» PROBLEM TO SOLVE
What you produce should be every line from the data that includes "programs".

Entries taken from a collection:
★ ★ ★
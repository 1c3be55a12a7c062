-- ===== src/Lib.antt =====
-- Verification of the network programs of the repository.
--
-- Assignment_3 is a TFTP server. `Tftp` models Assignment_3/lib.c, lib.h, config.h and server.c:
--   Opcode       opcode_t, error_code_t and the sizes of config.h
--   Packet       the packet structs, *_to_buffer, make_*_packet, parse_*
--   File         read_block, write_data_to_file, make_data_packet
--   Session      tftp_recvfrom, and what a handler exchanges with the network
--   Request      the calls of the system and the packets that refuse a request
--   Rrq, Wrq     rrq_handler and wrq_handler
--   Server       the loop of main
--   Sockets      init
--   Tests        the theorems at concrete inputs
--
-- Assignment_2 is a chat server with its client (SBCP). `Sbcp` models the messages of
-- Assignment_2/config.h, common_lib.c, server_lib.c and client_lib.c, and the server:
--   Message      sbcp_msg_t, get_msg_type, make_msg_*, parse_msg_*
--   Clients      the linked list of connections: append_node, remove_node, get_usernames, msg_broadcast
--   Router       msg_router
--   Service      the loop of Assignment_2/server.c around msg_router, over a list of rounds
--   Sockets      server_init, server_lookup_connect
--   Client       main of Assignment_2/client.c behind the connection, update_idle_time, parse_msg_ack
--   Tests        the theorems at concrete inputs
-- A Router holds the variables of msg_router, and the list of what it has written and closed. The
-- server's int client_count - 1 is compared as `max_clients < client_count`, for a max_clients that is
-- not negative.
--
-- Assignment_1 is an echo service. `Echo` models Assignment_1/client.c from the lookup of the host to the
-- end of the input, and of Assignment_1/server.c the set-up and the loop of the child:
--   Defs         the two loops
--   Lines        one line and its reply
--   Sockets      server_lookup_connect, main of client.c, the set-up of server.c
--   Session      the client and the child over a whole input
--   Tests        the theorems at concrete inputs
-- Writes and reads have 99 bytes.
--
-- Assignment_4 is a caching HTTP proxy. `Proxy` models Assignment_4/lib.c, lib.h, config.h and proxy.c:
--   Links        doubly linked lists on a heap, for both kinds of nodes
--   Http         http_info_t, parse_request, parse_response
--   Heap         cache_node_t, fd_node_t, and the state of the proxy
--   Cache        cache_queue_t with new_cache_queue, cache_enqueue, is_cache_hit, free_cache_queue
--   Fds          fd_list_t with fd_list_append, fd_list_remove, count_client, get_max_fd,
--                fd_select
--   Transfer     cache_recv, cache_send
--   Handlers     listen_fd_handler, client_read_handler and the other three
--   Service      main of Assignment_4/proxy.c
--   Sockets      server_lookup_connect, server_init
--   Tests        the theorems at concrete inputs
-- A World has the two kinds of nodes by their addresses, the next address that calloc gives, and the list
-- of what has been sent and closed; to follow a pointer to no node is `fault`. What accept, recv, send,
-- connect and select give is an argument. A walk along the cache has fuel for one node more than it has
-- slots, a traversal of the descriptors the number of steps that it is given; both are `fail` without it.
--
-- `HttpClient` models Assignment_4/client.c:
--   Defs         main up to the request, and the loop over the body
--   Receive      get_filename, the first call of recv, and the whole of main
--   Url, Request the URL cut into host and path
--   Filename     get_filename
--   Body, Blank,
--   Answer       what is written to the file
--   Visit        the whole run, and its request as the proxy parses it
--   Tests        the theorems at concrete inputs
-- What malloc returns, and what stands behind its arrays, is an argument.
--
-- `Socket` has the loops that the four programs use to connect or to bind a socket: the results of socket,
-- setsockopt, connect and bind for each address are arguments, and the calls made are a list.
--
-- Memory holds arrays of bytes, memcpy, strcpy and byte order; Common the shared names.
--
-- Conventions. A byte is a number below 256 by its use; a size_t and a uint16_t wrap by % 2 ^ 64 and %
-- 2 ^ 16 where the code can overflow. An access outside an array is the outcome `fault`, an error code
-- is `fail`. The int that overflows in new_cache_queue is a `fault` too, and so is the test of the
-- descriptor -1 that a failed accept leaves in the list of the chat server. A handler is a function of
-- its request and of the list of events that its calls of select and recvfrom meet, one for each round
-- of its loop, so that the loops are recursions on that list and need no fuel; a run that has used up
-- its events ends in `waiting`. `char` is signed and the host is little-endian, as on x86-64. A file
-- is the list of its bytes.
--
-- The digits of a count have fuel 10, which is enough below 10 ^ 10, and the array for them has five
-- bytes.
--
-- Not modelled: errors of recv in the HTTP client; the loop around accept and fork in Assignment_1/server.c;
-- the tests in Assignment_4/lib.c; accept_client and connect_client, which are one call of accept; address
-- conversion, fork and signals, and output on the terminal. Whether the sockets and files can be opened is a
-- parameter of the handlers (`Host`).
pub mod Common
pub mod Memory
pub mod Socket
pub mod Tftp
pub mod Echo
pub mod Proxy
pub mod HttpClient
pub mod Sbcp
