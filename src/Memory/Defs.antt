-- ===== src/Memory/Defs.antt =====
-- Arrays of bytes and the C library's operations on them. An access outside an array is `fault`,
-- a function that returns its error code is `fail`. The host is little-endian, as x86-64 is.
use ecen_602_projects.Common.{
  ℕ, ◌+◌, ◌*◌, ◌/◌, ◌%◌, List, [], ◌∷◌, ◌++◌, leb, ◌==◌, Bool, true, false, if◌then◌else◌, length,
  take, drop,
}

pub data Outcome {ℓ} (A : Type ℓ) : Type ℓ where
  ok : A → Outcome A
  fail : Outcome A
  fault : Outcome A

infixl 5 ◌>>=◌ ◌>>◌
abbrev pub ◌>>=◌ {ℓ κ} : {A : Type ℓ} {B : Type κ} → Outcome A → (A → Outcome B) → Outcome B
ok a >>= f = f a
fail >>= f = fail
fault >>= f = fault

abbrev pub ◌>>◌ {ℓ} : {B : Type ℓ} → Outcome (Unit {0}) → Outcome B → Outcome B
m >> k = m >>= λ _. k

-- memcpy(dst + off, src, length src)
unfoldable pub memcpy : List ℕ → ℕ → List ℕ → Outcome (List ℕ)
memcpy dst off src =
    if leb (off + length src) (length dst)
    then ok (take off dst ++ (src ++ drop (off + length src) dst))
    else fault

-- The `n` bytes at `src + off`, where a copy reads them.
unfoldable pub slice : List ℕ → ℕ → ℕ → Outcome (List ℕ)
slice src off n = if leb (off + n) (length src) then ok (take n (drop off src)) else fault

-- The bytes in front of the first NUL; a search that leaves the array is a fault.
unfoldable pub c_string : List ℕ → Outcome (List ℕ)
c_string [] = fault
c_string (c ∷ cs) = let rest = c_string cs in if c == 0 then ok [] else rest >>= λ s. ok (c ∷ s)

unfoldable pub strcpy : List ℕ → List ℕ → Outcome (List ℕ)
strcpy dst src = c_string src >>= λ s. memcpy dst 0 (s ++ 0 ∷ [])

-- strcmp(src, literal) == 0, for a literal given without its terminator.
unfoldable pub strcmp_eq : List ℕ → List ℕ → Outcome Bool
strcmp_eq [] literal = fault
strcmp_eq (c ∷ cs) [] = ok (c == 0)
strcmp_eq (c ∷ cs) (d ∷ ds) = let rest = strcmp_eq cs ds in if c == d then rest else ok false

-- strcmp(a, b) == 0 on two arrays
unfoldable pub strcmp_arrays : List ℕ → List ℕ → Outcome Bool
strcmp_arrays [] b = fault
strcmp_arrays (c ∷ a) [] = fault
strcmp_arrays (c ∷ a) (d ∷ b) =
    let rest = strcmp_arrays a b in if c == d then (if c == 0 then ok true else rest) else ok false

-- bswap_16 of byteswap.h
unfoldable pub bswap_16 : ℕ → ℕ
bswap_16 x = x % 256 * 256 + x / 256 % 256

-- The two bytes of a uint16_t in memory, and the uint16_t that two bytes hold.
unfoldable pub store_u16 : ℕ → List ℕ
store_u16 x = x % 256 ∷ x / 256 % 256 ∷ []

pair_u16 : List ℕ → Outcome ℕ
pair_u16 (a ∷ b ∷ []) = ok (a + 256 * b)
pair_u16 _ = fault

unfoldable pub load_u16 : List ℕ → ℕ → Outcome ℕ
unfolding pair_u16
load_u16 buf off = slice buf off 2 >>= pair_u16

-- Network order, as RFC 1350 has it: the high byte first.
abbrev pub big_endian : ℕ → List ℕ
big_endian x = x / 256 ∷ x % 256 ∷ []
★ ★ ★
» YOUR SOLUTION
-- Verification of the network programs of the repository.
-- `Socket` has the loops that the four programs use to connect or to bind a socket: the results of socket,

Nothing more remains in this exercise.